Наверное, даже в своем сумасшествии Даша была очень сильной. Не сдалась. Поднялась.
— Смотри, вон Сириус! — воскликнула Даша.
— Сириус? — удивилась Оксана.
— Звезда влюбленных и сумасшедших! — с нежностью провозгласила Даша. — Моя звезда. Знаешь, ведь… Ну, как это объяснить? Мы все думаем: есть судьба, нет судьбы, что будет — ад, рай, перегной… Жизнь — трудный маршрут. Нужен компас. Или путеводная звезда. Моя вот такая. Светит по ночам. Потому я и сова — надо же иметь возможность любоваться тем, во что ты веришь. У меня с ней контакт. Она напоминает мне о том, кто я есть. Я сумас — шедшая и всегда немного влюблена.
— В Захара? — уточнила Оксана.
— Я влюблена не в кого-то, просто влюблена, — улыбнулась Даша. — И это самый-самый кайф… Когда ты любишь конкретного мужчину, все твои помыслы сосредоточены на нем, но когда ты влюблена просто так, ни в кого, есть странное чувство, что ты занимаешься любовью со всем миром.
— А ты любила когда-нибудь? — не удержалась Оксана.
— Еще как! — хмыкнула Даша. — Это было здорово, но мы расстались. Он бросил меня, когда умерла мама, — понимаешь, ему тяжело было рядом с моим горем, — а потом, когда я вылечилась, вернулся, пожелал начать все сначала. Хороший был человек, тонкий… И понимаешь, я сделала выводы. Крылья вырастают лишь тогда, когда ты влюблена. Потом вы узнаете друг друга, сталкиваетесь с тем, что два человека пытаются выжить рядом. Это болезненно, но необходимо, если вы действительно хотите быть вместе. А я не хочу. У меня низкий болевой порог. И я не вижу в этом смысла.

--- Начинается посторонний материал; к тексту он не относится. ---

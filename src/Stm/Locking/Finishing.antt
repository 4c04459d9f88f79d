-- ===== src/Stm/Locking/Finishing.antt =====
-- `stm_finish_local` keeps the lock invariant, and leaves the processor with nothing held.
use mathlib.Core.Path.{subst}
use cluster_stm.Common.{
  ◌∙◌, ℕ, ◌<◌, ◌≤◌, ◌≡◌, refl, sym, inl, inr, false, none, some, ◌==◌, arith, eq-or-ne, ap,
  Bool-cases, ==_ne, ==_refl, List, [], ◌∷◌, lookup, Distinct,
}
use cluster_stm.Common.Family.{update, update_self}
use cluster_stm.Stm.Types.{Config, is_write, StmStatus}
use cluster_stm.Stm.Node.{DatasetEntry, Libs, Node, meta_at}
use cluster_stm.Stm.Finish.{release_word, finish_entry, finish_entries, stm_finish_local}
use cluster_stm.Stm.Locking.Word.{
  Modes, Guards, max_procs, Guards-release_read, Guards-release_write,
}
use cluster_stm.Stm.Locking.Addresses.{IsAligned, meta_addr-ne}
use cluster_stm.Stm.Locking.Invariant.{IsVisible, IsKeyed, Inv, Guards-cong, mode_of, modes}

release_word-Guards :
    {c : Config} {procs w : ℕ} {m : Modes} {p : ℕ} (v : IsVisible c) (status : StmStatus)
    (e : DatasetEntry)
    → p < procs
    → procs ≤ max_procs
    → Guards procs w m
    → m p ≡ some e.type
    → Guards procs (release_word c status e w) (update m p none)
unfolding release_word
release_word-Guards {p} v status e lt few g mine = elim (Bool-cases (is_write e.type)) [
  | inl wr ↦ rw (wr, v.unversioned, v.early) (Guards-release_write p lt g (ground arith))
  | inr rd ↦ rw rd (Guards-release_read p lt few g (ground arith))
]

-- Midway through the loop: `es` is what processor `p` still holds.
record Owed {l : Libs} (procs : ℕ) (n : Node l) (p : ℕ) (es : List (ℕ × DatasetEntry))
    : Type 0 where
  few : procs ≤ max_procs
  guarded :
      (a : ℕ)
      → IsAligned n.share_power a
      → Guards procs (n.meta (meta_at n a)) (update (modes n a) p (mode_of (lookup a es)))
  keyed : (q : ℕ) → IsKeyed l n.share_power (n.tx_dors q).dataset
  aligned : (a : ℕ) (e : DatasetEntry) → lookup a es ≡ some e → IsAligned n.share_power a

module _ {l : Libs} {procs : ℕ} {c : Config} (v : IsVisible c) (p : ℕ) (lt : p < procs)
    (status : StmStatus) where
  finish_entry-Owed :
      (n : Node l) (a : ℕ) (e : DatasetEntry) (es : List (ℕ × DatasetEntry))
      → Owed procs n p ((a, e) ∷ es)
      → lookup a es ≡ none
      → Owed procs (finish_entry c status n a e) p es
  unfolding finish_entry lookup
  finish_entry-Owed n a e es o gone = record {
    few = o.few;
    guarded = λ b bl. elim (eq-or-ne a b) [
      | inl same ↦
          subst
            (λ k.
              Guards procs
                (update n.meta (meta_at n a) (release_word c status e (n.meta (meta_at n a)))
                  (meta_at n k))
                (update (modes n k) p (mode_of (lookup k es))))
            same here
      | inr ne ↦
          Guards-cong (ground (arith, meta_addr-ne n.meta_base n.share_power a b al bl ne))
            (λ q. rw (==_ne b a (λ h. ne (sym h)))) (o.guarded b bl)
    ];
    keyed = o.keyed;
    aligned = λ b f h. o.aligned b f (rw (other b f h) h);
  }
    where
      al : IsAligned n.share_power a
      al = o.aligned a e (rw (==_refl a))

      other : (b : ℕ) (f : DatasetEntry) → lookup b es ≡ some f → (b == a) ≡ false
      other b f h = ==_ne b a (λ q. cc (sym gone ∙ subst (λ k. lookup k es ≡ some f) q h))

      held : Guards procs (n.meta (meta_at n a)) (update (modes n a) p (some e.type))
      held = rw (==_refl a) at (o.guarded a al)

      here :
          Guards procs
            (update n.meta
              (meta_at n a)
              (release_word c status e (n.meta (meta_at n a)))
              (meta_at n a))
            (update (modes n a) p (mode_of (lookup a es)))
      here =
          Guards-cong (rw (==_refl (meta_at n a))) (λ q. rw gone (ground arith))
            (release_word-Guards v status e lt o.few held (rw (==_refl p)))

  finish_entries-Owed :
      (es : List (ℕ × DatasetEntry)) (n : Node l)
      → Distinct es
      → Owed procs n p es
      → Owed procs (finish_entries c status n es) p []
  unfolding finish_entries
  finish_entries-Owed [] n d o = o
  finish_entries-Owed ((a, e) ∷ es) n d o =
      finish_entries-Owed es (finish_entry c status n a e) d.1 (finish_entry-Owed n a e es o d.0)

  pub stm_finish_local-Inv :
      {n : Node l} → Inv procs n → Inv procs (stm_finish_local c n p status).0
  unfolding stm_finish_local lookup
  stm_finish_local-Inv {n} inv = record {
    few = done.few;
    guarded =
        λ a al. Guards-cong refl (λ q. ground (arith, l.datasets.get-init a)) (done.guarded a al);
    keyed = λ q b e h. elim (Bool-cases (p == q)) [
      | inl same ↦ absurd (cc (sym (l.datasets.get-init b) ∙ rw same at h))
      | inr ne ↦ done.keyed q b e (rw ne at h)
    ];
  }
    where
      es : List (ℕ × DatasetEntry)
      es = l.datasets.entries (n.tx_dors p).dataset

      start : Owed procs n p es
      start = record {
        few = inv.few;
        guarded = λ a al.
            Guards-cong refl
              (λ q. sym (
                update_self (modes n a) p q _
                  (ap mode_of (l.datasets.lookup-entries (n.tx_dors p).dataset a))))
              (inv.guarded a al);
        keyed = inv.keyed;
        aligned =
            λ a e h. inv.keyed p a e (sym (l.datasets.lookup-entries (n.tx_dors p).dataset a) ∙ h);
      }

      done : Owed procs (finish_entries c status n es) p []
      done = finish_entries-Owed es n (l.datasets.entries-Distinct (n.tx_dors p).dataset) start
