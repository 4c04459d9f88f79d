-- ===== src/Stm/Copy.antt =====
-- `memcpy_wb`, and the part of `stm_get` and `stm_put` that runs where the data lies.
pub mod Gap
use cluster_stm.Common.{ℕ, zero, suc, ◌+◌, ◌-◌, ◌*◌, ◌/◌, ◌==◌, Option, none, some, if◌then◌else◌}
use Prim.Native.Nat.{min}
use cluster_stm.Stm.Types.{
  Run, ok, assert_failed, out_of_fuel, ◌>>=◌, Status, succeed, fail, LockType, read, write, Config,
}
use cluster_stm.Stm.Node.{
  Buffer, DatasetEntry, Libs, Node, share_bytes, entry_of, read_bytes, write_bytes, set_dataset,
}
use cluster_stm.Stm.Open.{open_local}

-- `entry ? entry->wb_data : NULL`
abbrev pub buffer_of : Option DatasetEntry → Option Buffer
buffer_of none = none
buffer_of (some e) = e.wb_data

module _ {l : Libs} where
  -- `memcpy` within the memory of one processor.
  unfoldable pub memcpy : Node l → (dest src nbytes : ℕ) → Node l
  memcpy n dest src nbytes = record n { mem = write_bytes n.mem dest nbytes (read_bytes n.mem src) }

  -- Copy between `prv_ptr` and the block at `aligned`, from `offset` on: through the block's write
  -- buffer if the transaction has one, and otherwise, which only a read may, from memory itself.
  unfoldable pub copy_chunk :
      Node l → (p aligned offset prv_ptr count : ℕ) → LockType → Run (Node l)
  unfolding memcpy
  copy_chunk n p aligned offset prv_ptr count read = elim (buffer_of (entry_of n p aligned)) [
    | some buf ↦ ok (record n { mem = write_bytes n.mem prv_ptr count (λ i. buf (offset + i)) })
    | none ↦ ok (memcpy n prv_ptr (aligned + offset) count)
  ]
  copy_chunk n p aligned offset prv_ptr count write = elim (entry_of n p aligned) [
    | none ↦ assert_failed
    | some e ↦ elim e.wb_data [
      | none ↦ assert_failed
      | some buf ↦
          let buf' = write_bytes buf offset count (read_bytes n.mem prv_ptr) in
          ok (
            set_dataset n p
              (l.datasets.store (n.tx_dors p).dataset aligned (record e { wb_data = some buf' })))
    ]
  ]

  -- The loop of `memcpy_wb`: both pointers advance by the size of a block.
  unfoldable pub copy_loop :
      ℕ → Node l → (p aligned prv_ptr num_copied nbytes : ℕ) → LockType → Run (Node l)
  unfolding copy_chunk
  copy_loop zero n p aligned prv_ptr num_copied nbytes t = out_of_fuel
  copy_loop (suc fuel) n p aligned prv_ptr num_copied nbytes t =
      let num_left = nbytes - num_copied in
      let aligned' = aligned + share_bytes n in
      let prv_ptr' = prv_ptr + share_bytes n in
      let num_to_copy = min num_left (share_bytes n) in
      let rest =
        copy_chunk n p aligned' 0 prv_ptr' num_to_copy t
        >>= (λ n'. copy_loop fuel n' p aligned' prv_ptr' (num_copied + num_to_copy) nbytes t) in
      if num_left == 0 then ok n else rest

  unfoldable pub memcpy_wb : ℕ → Node l → (p tx_ptr prv_ptr nbytes : ℕ) → LockType → Run (Node l)
  unfolding copy_loop
  memcpy_wb fuel n p tx_ptr prv_ptr nbytes t =
      let aligned = tx_ptr / share_bytes n * share_bytes n in
      let offset = tx_ptr - aligned in
      let num_to_copy = min nbytes (share_bytes n - offset) in
      copy_chunk n p aligned offset prv_ptr num_to_copy t
      >>= (λ n'. copy_loop fuel n' p aligned prv_ptr num_to_copy nbytes t)

  -- Copy `nbytes` bytes from the transactional store at `src` to private memory at `dest`.
  unfoldable pub copy_out : Config → ℕ → Node l → (p dest src nbytes : ℕ) → Run (Node l)
  unfolding memcpy_wb memcpy
  copy_out c fuel n p dest src nbytes =
      if c.write_buffering
      then memcpy_wb fuel n p src dest nbytes read
      else ok (memcpy n dest src nbytes)

  unfoldable pub copy_in : Config → ℕ → Node l → (p dest src nbytes : ℕ) → Run (Node l)
  unfolding memcpy_wb memcpy
  copy_in c fuel n p dest src nbytes =
      if c.write_buffering
      then memcpy_wb fuel n p dest src nbytes write
      else ok (memcpy n dest src nbytes)

  -- The copy is made only if every block was opened.
  unfoldable pub when_opened : Node l × Status → (Node l → Run (Node l)) → Run (Node l × Status)
  when_opened (n, succeed) copy = copy n >>= λ n'. ok (n', succeed)
  when_opened (n, fail) copy = ok (n, fail)

  -- `stm_get` on the processor's own memory.
  unfoldable pub get_local : Config → ℕ → Node l → (p dest src nbytes : ℕ) → Run (Node l × Status)
  unfolding copy_out when_opened
  get_local c fuel n p dest src nbytes = open_local c fuel n p src nbytes read >>= λ r.
      when_opened r (λ n'. copy_out c fuel n' p dest src nbytes)

  -- `stm_put` on the processor's own memory.
  unfoldable pub put_local : Config → ℕ → Node l → (p dest src nbytes : ℕ) → Run (Node l × Status)
  unfolding copy_in when_opened
  put_local c fuel n p dest src nbytes = open_local c fuel n p dest nbytes write >>= λ r.
      when_opened r (λ n'. copy_in c fuel n' p dest src nbytes)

— Но… — произнесла Оксана и задумалась.
Сейчас, когда у нее никого не было на примете, казалось, что Даша права.
Отношения мужчины и женщины — это сложно. Всегда сложно. А лет через двадцать, когда все сложности позади, — скучно. Стоит оно того?
Ответ Оксана получила уже на следующий день.
В ресторане праздновали публикацию мемуаров известного актера, который выпустил сборник рассказов о своих женщинах.
Не то чтобы событие года, но в некотором роде сенсация — в последнее время эти женщины, кроме самых известных, повадились откровенничать: кто желтой газете даст интервью, кто книжку напишет о том, какой актер жадный, старый, вредный, кто по телевизору признается, что у актера проблемы с потенцией и руки перед едой он не моет.
Даша, Захар и Оксана мирно пили виски с колой, как вдруг Аксенова оживилась и уставилась куда-то в пространство.
— Смотрите! — Она дернула Оксану за рукав. — Это же Гарик Успенский!
Все повернулись и уставились на Гарика — известного сатирика из популярного комедийного шоу.
— Он гений! — восторгалась Даша.
Светская дама Лиза, сидящая с ними за столом, пожала плечами. Дама была со спутником — знаменитым фигуристом, но при этом у дамы имелся муж, рядом с которым ее никто никогда не видел. То есть все знали, кто он и сколько он стоит — а стоил он миллиарды, — но вместе они никогда не показывались. У дамы был свой телеканал, набирающий обороты, Лиза называла себя деловой женщиной, поднявшейся с нуля, но все понимали, что без помощи мужа тут не обошлось, правда, вопросы не задавали — не было точной уверенности, что это безопасно для здоровья.
Дама претендовала на звание иконы стиля — носила «Кавальи», туфельки от «Лабутен» и старинные драгоценности, но притом, что ее трудно было упрекнуть в отсутствии вкуса, выглядела все равно дешево. Холеная, шикарная, она оставалась простушкой без чувства юмора — и это несколько портило стиль.